This problem is a prototype for more general problems in mechanical control and robotics.

## 1.3  The fundamental components of an RL problem

Lets define the modeling components of a standard Reinforcement Learning problem - afterwards we will return to our example problems and describe the specific instances of these components for each example.  

**There are *four* main components to the RL model: states, features, actions, and rewards.**  These are - at a high level:

1\.    A **state** is a specific configuration of all objects in a problem's enviroment.  A **state space** is the collection of all possible states this enviroment is capable of producing.  The state space is defined by the problem we aim to solve.

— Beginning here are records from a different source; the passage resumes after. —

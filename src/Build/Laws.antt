-- ===== src/Build/Laws.antt =====
-- Which values of the build variable are accepted.
use vec.Base.{
  ℕ, ◌+◌, ◌-◌, ◌*◌, ◌^◌, ◌≤◌, ◌<◌, ◌≡◌, ◌↔◌, List, [], ◌∷◌, Option, none, some, true, arith,
  Bool-cases, inl, inr, ◌==◌, dec_lt, sym, ◌∙◌, le→ltb, Option-cases,
}
use vec.Build.{Config, IsBuilt, wrote, checked, main, parse_digits, parse_unsigned}
use vec.Build.Pow2.{is_power_of_two, is_power_of_two_sound, is_power_of_two-pow}
use native.Mathlib.Nat.{pow-le-pow_right}

-- Whatever digits are parsed, the result fits a `usize`.
parse_digits-lt :
    (acc : ℕ) (bs : List ℕ) (n : ℕ) → acc < 2 ^ 64 → parse_digits acc bs ≡ some n → n < 2 ^ 64
unfolding parse_digits
parse_digits-lt acc [] n h e = ground arith
parse_digits-lt acc (b ∷ bs) n h e = ground (arith, parse_digits-lt (acc * 10 + (b - b'0')) bs n)

pub parse_unsigned-lt : (bs : List ℕ) (n : ℕ) → parse_unsigned bs ≡ some n → n < 2 ^ 64
unfolding parse_unsigned
parse_unsigned-lt [] n e = cc
parse_unsigned-lt (b ∷ []) n e = parse_digits-lt 0 (b ∷ []) n (omega arith) e
parse_unsigned-lt (b ∷ c ∷ bs) n e = elim (Bool-cases (b == b'+')) [
  | inl plus ↦ parse_digits-lt 0 (c ∷ bs) n (omega arith) (rw plus at e)
  | inr other ↦ parse_digits-lt 0 (b ∷ c ∷ bs) n (omega arith) (rw other at e)
]

-- A power of two that is at least the least huge page.
exponent-least : (k : ℕ) → 4096 ≤ 2 ^ k → 12 ≤ k
exponent-least k h = elim (dec_lt k 12) [
  | yes small ↦
      absurd (omega (arith, pow-le-pow_right {n = 2} (omega arith) {i = k} {j = 11} (omega arith)))
  | no large ↦ omega arith
]

checked-inv : (v n : ℕ) → checked v ≡ wrote n → (v ≡ n) × (4096 ≤ v) × (is_power_of_two v ≡ true)
unfolding checked
checked-inv v n e = ground arith

checked-pow : (k : ℕ) → 12 ≤ k → k ≤ 63 → checked (2 ^ k) ≡ wrote (2 ^ k)
unfolding checked
checked-pow k low high = rw (
  le→ltb (2 ^ k) 4096 (pow-le-pow_right {n = 2} (omega arith) {i = 12} {j = k} low),
  is_power_of_two-pow k (omega arith),
)

IsBuilt_of : (v n : ℕ) (c : Config) → v < 2 ^ 64 → checked v ≡ wrote n → c.huge_page ≡ n → IsBuilt c
IsBuilt_of v n c h e p =
    let (same, large, pow) = checked-inv v n e in
    let (k, q, below) = is_power_of_two_sound v h pow in
    record {
      bits = k;
      power = p ∙ sym same ∙ q;
      least = exponent-least k (omega arith);
      most = omega arith;
    }

-- The checks accept a value exactly if it is a power of two from 2 ^ 12 to 2 ^ 63, and pass it on
-- unchanged.
pub checked_iff :
    (v : ℕ) → v < 2 ^ 64 → (checked v ≡ wrote v) ↔ ((k : ℕ) × (v ≡ 2 ^ k) × (12 ≤ k) × (k ≤ 63))
checked_iff v h = (sound, complete)
  where
    sound : checked v ≡ wrote v → (k : ℕ) × (v ≡ 2 ^ k) × (12 ≤ k) × (k ≤ 63)
    sound e =
        let (_, large, pow) = checked-inv v v e in
        let (k, p, below) = is_power_of_two_sound v h pow in
        (k, p, exponent-least k (omega arith), omega arith)

    complete : (k : ℕ) × (v ≡ 2 ^ k) × (12 ≤ k) × (k ≤ 63) → checked v ≡ wrote v
    complete (k, p, low, high) = rw p (checked-pow k low high)

-- Every `HUGE_PAGE` that the build script writes is a power of two from 4096 to 2 ^ 63, whatever
-- the environment says.
pub main-IsBuilt :
    (raw : Option (List ℕ)) (n : ℕ) (c : Config)
    → main true raw ≡ wrote n
    → c.huge_page ≡ n
    → IsBuilt c
unfolding main
main-IsBuilt none n c e p = IsBuilt_of 262144 n c (omega arith) e p
main-IsBuilt (some bs) n c e p = elim (Option-cases (parse_unsigned bs)) [
  | inl bad ↦ let q = (rw bad at e) in cc
  | inr (v, good) ↦ IsBuilt_of v n c (parse_unsigned-lt bs v good) (rw good at e) p
]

- In *grid world* any state consists of one piece of information: the current location of the player (the black square).  The state space is all possible locations on the board where the player can go.

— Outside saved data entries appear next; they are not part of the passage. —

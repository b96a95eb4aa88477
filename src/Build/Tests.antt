-- ===== src/Build/Tests.antt =====
-- Runs of the build script.
use vec.Base.{◌≡◌, refl, [], ◌∷◌, some, true, false}
use vec.Build.{Config, IsBuilt, wrote, checked, main, parse_unsigned, parse_digits}
use vec.Build.Laws.{main-IsBuilt}

-- `VEC64_HUGE_PAGE_BYTES=8192`
abbrev built : Config
built = record { huge_page = 8192; mmap = true; giant_pages = false; thp = true }

main_run : main true (some (b'8' ∷ b'1' ∷ b'9' ∷ b'2' ∷ [])) ≡ wrote 8192
unfolding main parse_unsigned parse_digits checked
main_run = refl

main-IsBuilt_example : IsBuilt built
main-IsBuilt_example = main-IsBuilt (some (b'8' ∷ b'1' ∷ b'9' ∷ b'2' ∷ [])) 8192 built main_run refl
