-- ===== src/MmapAlloc.antt =====
-- src/mmap_alloc.rs: `MAllocPg64`, which takes small blocks from the heap and maps large ones.
pub mod Hybrid
pub mod Mapping
pub mod Fresh
pub mod Relocate
pub mod Remap
pub mod Grow
pub mod Correct
pub mod Tail
pub mod Fewer
pub mod Shrink
mod Tests
use vec.Base.{
  ℕ, ◌+◌, ◌-◌, Option, none, some, Bool, true, false, not, ◌&&◌, ◌==◌, if◌then◌else◌, leb,
}
use vec.Build.{Config}
use vec.PageSize.{gigantic_page, uses_mmap, uses_giant_pages, mapped_size}
use vec.Allocator.{Fat, Call}
use vec.Machine.{
  Layout, Mem, Sys, MapFlags, anonymous, anonymous_1gb, may_move, huge_page, map_failed, copy,
}
use vec.Alloc64.{align_layout, fat, ◌>>=◌}

module _ (c : Config) (s : Sys) where
  abbrev pub flags : ℕ → MapFlags
  flags original = if c.giant_pages && leb gigantic_page original then anonymous_1gb else anonymous

  -- `None` is `AllocError`: of the kernel, or a null pointer.
  abbrev mapped_ptr : ℕ × Mem → Option ℕ × Mem
  mapped_ptr (ptr, m) =
      if ptr == map_failed then (none, m) else if ptr == 0 then (none, m) else (some ptr, m)

  unfoldable pub do_mmap : ℕ → ℕ → Mem → Option ℕ × Mem
  do_mmap original mapped m = mapped_ptr (s.mmap (flags original) mapped m)

  unfoldable pub hint_thp : ℕ → ℕ → ℕ → Mem → Mem
  unfolding uses_giant_pages
  hint_thp ptr original mapped m =
      if uses_giant_pages c original then m else s.madvise ptr mapped huge_page m

  unfoldable pub heap_alloc : Layout → Mem → Call
  unfolding align_layout
  heap_alloc layout m = do
    l ← align_layout layout
    let (ptr, m') = s.alloc l m
    some (fat ptr l.size m')

  unfoldable pub heap_alloc_zeroed : Layout → Mem → Call
  unfolding align_layout
  heap_alloc_zeroed layout m = do
    l ← align_layout layout
    let (ptr, m') = s.alloc_zeroed l m
    some (fat ptr l.size m')

  unfoldable pub heap_dealloc : ℕ → Layout → Mem → Option Mem
  unfolding align_layout
  heap_dealloc ptr layout m = do l ← align_layout layout; some (s.dealloc ptr l m)

  unfoldable pub heap_grow : ℕ → Layout → Layout → Mem → Call
  unfolding align_layout
  heap_grow ptr old new m = do
    new ← align_layout new
    old ← align_layout old
    let (raw, m') = s.realloc ptr old new.size m
    some (fat raw new.size m')

  unfoldable pub heap_shrink : ℕ → Layout → Layout → Mem → Call
  unfolding align_layout
  heap_shrink ptr old new m = do
    new ← align_layout new
    old ← align_layout old
    let (raw, m') = s.realloc ptr old new.size m
    some (fat raw new.size m')

  -- After `do_mmap(..)?`: hint, and the block of `mapped` bytes.
  abbrev pub hint_fat : ℕ → ℕ → Option ℕ × Mem → Call
  hint_fat size mapped (none, m) = some (none, m)
  hint_fat size mapped (some ptr, m) = some (some (ptr, mapped), hint_thp ptr size mapped m)

  unfoldable pub map_new : Layout → Mem → Call
  unfolding do_mmap hint_thp
  map_new layout m =
      let mapped = mapped_size c layout.size in
      hint_fat layout.size mapped (do_mmap layout.size mapped m)

  unfoldable pub allocate : Layout → Mem → Call
  unfolding heap_alloc map_new uses_mmap mapped_size
  allocate layout m =
      if not (uses_mmap c layout.size) then heap_alloc layout m else map_new layout m

  unfoldable pub allocate_zeroed : Layout → Mem → Call
  unfolding heap_alloc_zeroed allocate uses_mmap
  allocate_zeroed layout m =
      if not (uses_mmap c layout.size) then heap_alloc_zeroed layout m else allocate layout m

  unfoldable pub deallocate : ℕ → Layout → Mem → Option Mem
  unfolding heap_dealloc uses_mmap mapped_size
  deallocate ptr layout m =
      if not (uses_mmap c layout.size)
      then heap_dealloc ptr layout m
      else some (s.munmap ptr (mapped_size c layout.size) m)

  -- Heap to mmap: after `do_mmap(..)?`, copy, free the heap block, hint.
  abbrev pub into_mapping : ℕ → Layout → ℕ → ℕ → Option ℕ × Mem → Call
  into_mapping ptr old size mapped (none, m) = some (none, m)
  into_mapping ptr old size mapped (some q, m) = do
    m' ← heap_dealloc ptr old (copy ptr q old.size m)
    some (some (q, mapped), hint_thp q size mapped m')

  -- Copy `n` bytes through a fresh mapping, after `do_mmap(..)?`.
  abbrev pub relocate : ℕ → ℕ → ℕ → ℕ → ℕ → Option ℕ × Mem → Call
  relocate ptr n old_mapped size mapped (none, m) = some (none, m)
  relocate ptr n old_mapped size mapped (some q, m) =
      some (some (q, mapped), hint_thp q size mapped (s.munmap ptr old_mapped (copy ptr q n m)))

  -- After `mremap`; `NonNull::new(raw).ok_or(AllocError)` is the last test.
  abbrev pub remapped : ℕ → ℕ → ℕ → ℕ → ℕ → ℕ × Mem → Call
  remapped ptr n old_mapped size mapped (raw, m) =
      if raw == map_failed
      then relocate ptr n old_mapped size mapped (do_mmap size mapped m)
      else if raw == 0
      then some (none, m)
      else some (some (raw, mapped), hint_thp raw size mapped m)

  unfoldable pub grow : ℕ → Layout → Layout → Mem → Call
  unfolding heap_grow heap_dealloc do_mmap hint_thp uses_mmap mapped_size
  grow ptr old new m =
      let old_mmap = uses_mmap c old.size in
      let new_mmap = uses_mmap c new.size in
      let old_mapped = mapped_size c old.size in
      let new_mapped = mapped_size c new.size in
      if not old_mmap && not new_mmap
      then heap_grow ptr old new m
      else if not old_mmap && new_mmap
      then into_mapping ptr old new.size new_mapped (do_mmap new.size new_mapped m)
      else if old_mapped == new_mapped
      then some (some (ptr, new_mapped), m)
      else remapped ptr old.size old_mapped new.size new_mapped
          (s.mremap ptr old_mapped new_mapped may_move m)

  -- Heap to heap, after `heap_alloc_zeroed(new)?`.
  abbrev pub replace : ℕ → Layout → Fat × Mem → Call
  replace ptr old (none, m) = some (none, m)
  replace ptr old (some (q, n), m) = do
    m' ← heap_dealloc ptr old (copy ptr q old.size m)
    some (some (q, n), m')

  unfoldable pub grow_zeroed : ℕ → Layout → Layout → Mem → Call
  unfolding heap_alloc_zeroed heap_dealloc uses_mmap
  grow_zeroed ptr old new m =
      if not (uses_mmap c old.size) && not (uses_mmap c new.size)
      then heap_alloc_zeroed new m >>= replace ptr old
      else grow ptr old new m

  -- Mmap to heap, after `heap_alloc(new)?`.
  abbrev pub into_heap : ℕ → ℕ → ℕ → Fat × Mem → Call
  into_heap ptr n old_mapped (none, m) = some (none, m)
  into_heap ptr n old_mapped (some b, m) = some (some b, s.munmap ptr old_mapped (copy ptr b.0 n m))

  unfoldable pub shrink : ℕ → Layout → Layout → Mem → Call
  unfolding heap_shrink heap_alloc do_mmap hint_thp uses_mmap mapped_size uses_giant_pages
  shrink ptr old new m =
      let old_mmap = uses_mmap c old.size in
      let new_mmap = uses_mmap c new.size in
      let old_mapped = mapped_size c old.size in
      let new_mapped = mapped_size c new.size in
      if not old_mmap && not new_mmap
      then heap_shrink ptr old new m
      else if old_mmap && not new_mmap
      then heap_alloc new m >>= into_heap ptr new.size old_mapped
      else if old_mapped == new_mapped
      then some (some (ptr, new_mapped), m)
      else if uses_giant_pages c old.size && not (uses_giant_pages c new.size)
      then relocate ptr new.size old_mapped new.size new_mapped (do_mmap new.size new_mapped m)
      else some (some (ptr, new_mapped), s.munmap (ptr + new_mapped) (old_mapped - new_mapped) m)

- In the chess problem a state is any (legal) configuration of the white and black pieces on the board (and some pieces may be missing).  The state space is the set of all possible configurations of chess pieces on the board.  The state space is defined by the problem we aim to solve.


- In the cart-pole problem a state is a complete set of information about the cart and pole's position.  This includes: the cart position, the cart velocity, the angle of the pole measured as its deviation from the vertical position, and the angular velocity of the pole.  While these are technically continuous values, in practice they are finelly discretized.  The state does **not** include technical / physical information about the enviroment e.g., the fact that gravity exists, its precise force, etc.,


2\.  The agent can then take an **action** - the set of actions is either determined by us or by the problem environment.  The **action space** is the total set of such available actions.  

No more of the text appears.